I know, it is quite verbose, but Redash has many tweaking parameters.

Details

Redpush needs to be able to track the queries created by itself. And in fact it is safe to run it many times (operations should be idempotent). How it does it is abusing a little the REST API. It creates a new id, the redpush_id that you will need to add to the queries managed. That id needs to be unique for a query in a redash deployment. And it will be used to track the query during its lifetime.

The same idea is also applied for visualizations. A redpush_id is used also for each visualization of a query (but in this case it needs to be unique only per query, not globally).

Dashboard layout

Redpush has three sizes of widgets, which can be easier seen in the following diagram¡:

You need to arrange the column and row taking into account:

Start counting from 0.
Rows don’t need to be consecutive. You can have row 1 and 4, but not 2 and 3.
Widgets float to the top left.

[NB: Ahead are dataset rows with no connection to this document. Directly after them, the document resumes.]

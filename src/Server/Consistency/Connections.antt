-- ===== src/Server/Consistency/Connections.antt =====
-- Giving a name, choosing a room and waiting for it, server/handler.go, as to the indexes.
use net_cat.Base.{
  Bytes, codes, bytes_eq, trim_space, ℕ, true, ◌≡◌, ◌≢◌, refl, sym, ◌∙◌, subst, [], Option, none,
  some, inl, inr, ◌⊎◌, Bool-cases,
}
use net_cat.Server.{Server, Now, is_shutting_down}
use net_cat.Server.Rooms.{get_or_create_room, check_room_capacity}
use net_cat.Server.Clients.{NameError, register_client, remove_client, untrack_client}
use net_cat.Server.Admins.{is_known_admin}
use net_cat.Server.Session.{
  Phase, naming, choosing, chatting, gone, answering, waiting, joining, restore_known_admin,
  send_room_selection, after_register, name_checked, abandon, enqueue_in, check_or_queue_room,
  choose, read_room_choice, answer_queue,
}
use net_cat.Server.Index.{Index, index, IsConsistent}
use net_cat.Server.Index.Keep.{send_to-index, put_room-index, get_or_create_room-members}
use net_cat.Server.Index.Keep.Queues.{remove_from_room_queue-index}
use net_cat.Server.Index.Spec.{take_name-IsConsistent}
use net_cat.Server.Index.Change.{register_client-take_name}
use net_cat.Server.Consistency.{kept, send_lines-index}
use net_cat.Server.Consistency.Moderate.{remove_client-IsConsistent, close-index}
use net_cat.Server.Consistency.Status.{set_admin-index}

pub untrack_client-index : (c : ℕ) (s : Server) → index (untrack_client c s) ≡ index s
unfolding untrack_client index
untrack_client-index c s = refl

restore_known_admin-index : (c : ℕ) (s : Server) → index (restore_known_admin c s) ≡ index s
unfolding restore_known_admin
restore_known_admin-index c s = elim (Bool-cases (is_known_admin (s.heap c).username s)) [
  | inl e ↦ rw (e, restore_known_admin) (send_to-index c _ _ ∙ set_admin-index true c s)
  | inr e ↦ rw (e, restore_known_admin) refl
]

send_room_selection-index : (c : ℕ) (s : Server) → index (send_room_selection c s) ≡ index s
unfolding send_room_selection
send_room_selection-index c s = send_to-index c _ _ ∙ send_lines-index c _ s

-- What the indexes say of a client in each phase.
abbrev pub Fits : Phase → ℕ → Index → Type 0
Fits naming c x = ((n : Bytes) → x.client_at n ≢ some c) × (x.room_at c ≡ [])
Fits choosing c x = x.client_at (x.username_at c) ≡ some c
Fits chatting c x = x.client_at (x.username_at c) ≡ some c
Fits (answering room id) c x = x.client_at (x.username_at c) ≡ some c
Fits (waiting room id) c x = x.client_at (x.username_at c) ≡ some c
Fits (joining room) c x = (x.client_at (x.username_at c) ≡ some c) × (room ≢ [])
Fits gone c x = Unit

module _ (c : ℕ) (s : Server) (v : IsConsistent (index s)) where
  pub abandon-IsConsistent : IsConsistent (index (abandon c s).1)
  unfolding abandon
  abandon-IsConsistent =
      kept (remove_client (s.heap c).username s) _ (untrack_client-index c _ ∙ close-index c _)
        (remove_client-IsConsistent (s.heap c).username s v)

module _ (now : Now) (c : ℕ) (s : Server) (v : IsConsistent (index s)) where
  after_register-IsConsistent :
      (name : Bytes) (o : NameError ⊎ Server)
      → Fits naming c (index s)
      → register_client now c name s ≡ o
      → IsConsistent (index (after_register c o s).1)
  unfolding after_register
  after_register-IsConsistent name (inl problem) fits e = kept s _ (send_to-index c _ s) v
  after_register-IsConsistent name (inr t) (fresh, nowhere) e =
      let (free, open_name, changed) = register_client-take_name now c name s t e in
      kept t _ (send_room_selection-index c _ ∙ restore_known_admin-index c t) (
        subst IsConsistent (sym changed) (
          take_name-IsConsistent (index s) v c name (unfold index in free) (unfold index in λ p. cc)
            fresh nowhere))

  pub name_checked-IsConsistent :
      (name : Bytes) (o : Option Bytes)
      → Fits naming c (index s)
      → IsConsistent (index (name_checked now c name o s).1)
  unfolding name_checked
  name_checked-IsConsistent name (some problem) fits = kept s _ (send_to-index c _ s) v
  name_checked-IsConsistent name none fits = after_register-IsConsistent name _ fits refl

numbered : (n : ℕ) (t : Server) → index (record t { next_entry = n }) ≡ index t
unfolding index
numbered n t = refl

enqueue_in-index :
    (c : ℕ) (room : Bytes) (s : Server)
    → index (enqueue_in c room (get_or_create_room room s) s).1 ≡ index s
unfolding enqueue_in
enqueue_in-index c room s =
    send_to-index c _ _
    ∙ numbered _ _
    ∙ put_room-index room _ s (λ n. get_or_create_room-members room n s)

check_or_queue_room-IsConsistent :
    (c : ℕ) (room : Bytes) (s : Server)
    → IsConsistent (index s)
    → IsConsistent (index (check_or_queue_room c room s).1)
unfolding check_or_queue_room
check_or_queue_room-IsConsistent c room s v = elim (Bool-cases (is_shutting_down s)) [
  | inl q ↦ rw (q, check_or_queue_room) (abandon-IsConsistent c s v)
  | inr q ↦ elim (Bool-cases (check_room_capacity room s)) [
    | inl e ↦ rw (q, e, check_or_queue_room) v
    | inr e ↦ rw (q, e, check_or_queue_room) (kept s _ (enqueue_in-index c room s) v)
  ]
]

choose-IsConsistent :
    (c : ℕ) (room : Bytes) (o : Option Bytes) (s : Server)
    → IsConsistent (index s)
    → IsConsistent (index (choose c room o s).1)
unfolding choose
choose-IsConsistent c room (some problem) s v = kept s _ (send_to-index c _ s) v
choose-IsConsistent c room none s v = check_or_queue_room-IsConsistent c room s v

pub read_room_choice-IsConsistent :
    (c : ℕ) (line : Bytes) (s : Server)
    → IsConsistent (index s)
    → IsConsistent (index (read_room_choice c line s).1)
unfolding read_room_choice
read_room_choice-IsConsistent c line s v = elim (Bool-cases (bytes_eq (trim_space line) [])) [
  | inl e ↦ rw (e, read_room_choice) (check_or_queue_room-IsConsistent c _ s v)
  | inr e ↦ rw (e, read_room_choice) (choose-IsConsistent c _ _ s v)
]

pub answer_queue-IsConsistent :
    (c : ℕ) (room : Bytes) (id : ℕ) (line : Bytes) (s : Server)
    → IsConsistent (index s)
    → IsConsistent (index (answer_queue c room id line s).1)
unfolding answer_queue
answer_queue-IsConsistent c room id line s v =
    elim (Bool-cases (bytes_eq (trim_space line) (codes "yes"))) [
      | inl e ↦ rw (e, answer_queue) (kept s _ (send_to-index c _ s) v)
      | inr e ↦ elim (Bool-cases (bytes_eq (trim_space line) (codes "no"))) [
        | inl n ↦
            rw (e, n, answer_queue)
              (abandon-IsConsistent c _ (kept s _ (remove_from_room_queue-index room id s) v))
        | inr n ↦ rw (e, n, answer_queue) (kept s _ (send_to-index c _ s) v)
      ]
    ]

So if you leave room where the widget will fit on the top/left they will float there.

Workflow

My usual workflow to be able to manage queries as code is the following:

I have a dev redash, which I use to play around until I have what I want.
Then I used redpush to dump the contents of that dev environment. python redpush/cli.py dump --redash-url https://MY_REDASH_SERVER --api-key YOUR_KEY -o dev.yaml (or using Docker as shown above)
With your favorite editor, open that (maybe long) YAML and find the query you want to productize.
Copy paste it to the config file you use for your production environment.
Do the needed tweaks:
- remove the id from query and visualization.
- optional remove the first entry of visualizations as it is the default table and Redash will add it again.
- Add the mandatory redpush_id to the query.
- To the visualizations you may have:
  - Add the mandatory redpush_id (this id needs to be unique not globally but only for this query.
  - If you want to add them to a dashboard, then indicate it:
```
- name: my-dashboard-name
  row: 8          # counting from 0 
  col: 1          # counting from 0. In a row can be: 3 small or 2 medium or 1 large
  size: medium  # can be small, medium, large
```

Does it really work?

We use it to manage more than a thousand graphs. As I mentioned we do them for many customers and we have a template engine as a previous step to generate the YAML that will be uploaded. I will try to show that in a future entry.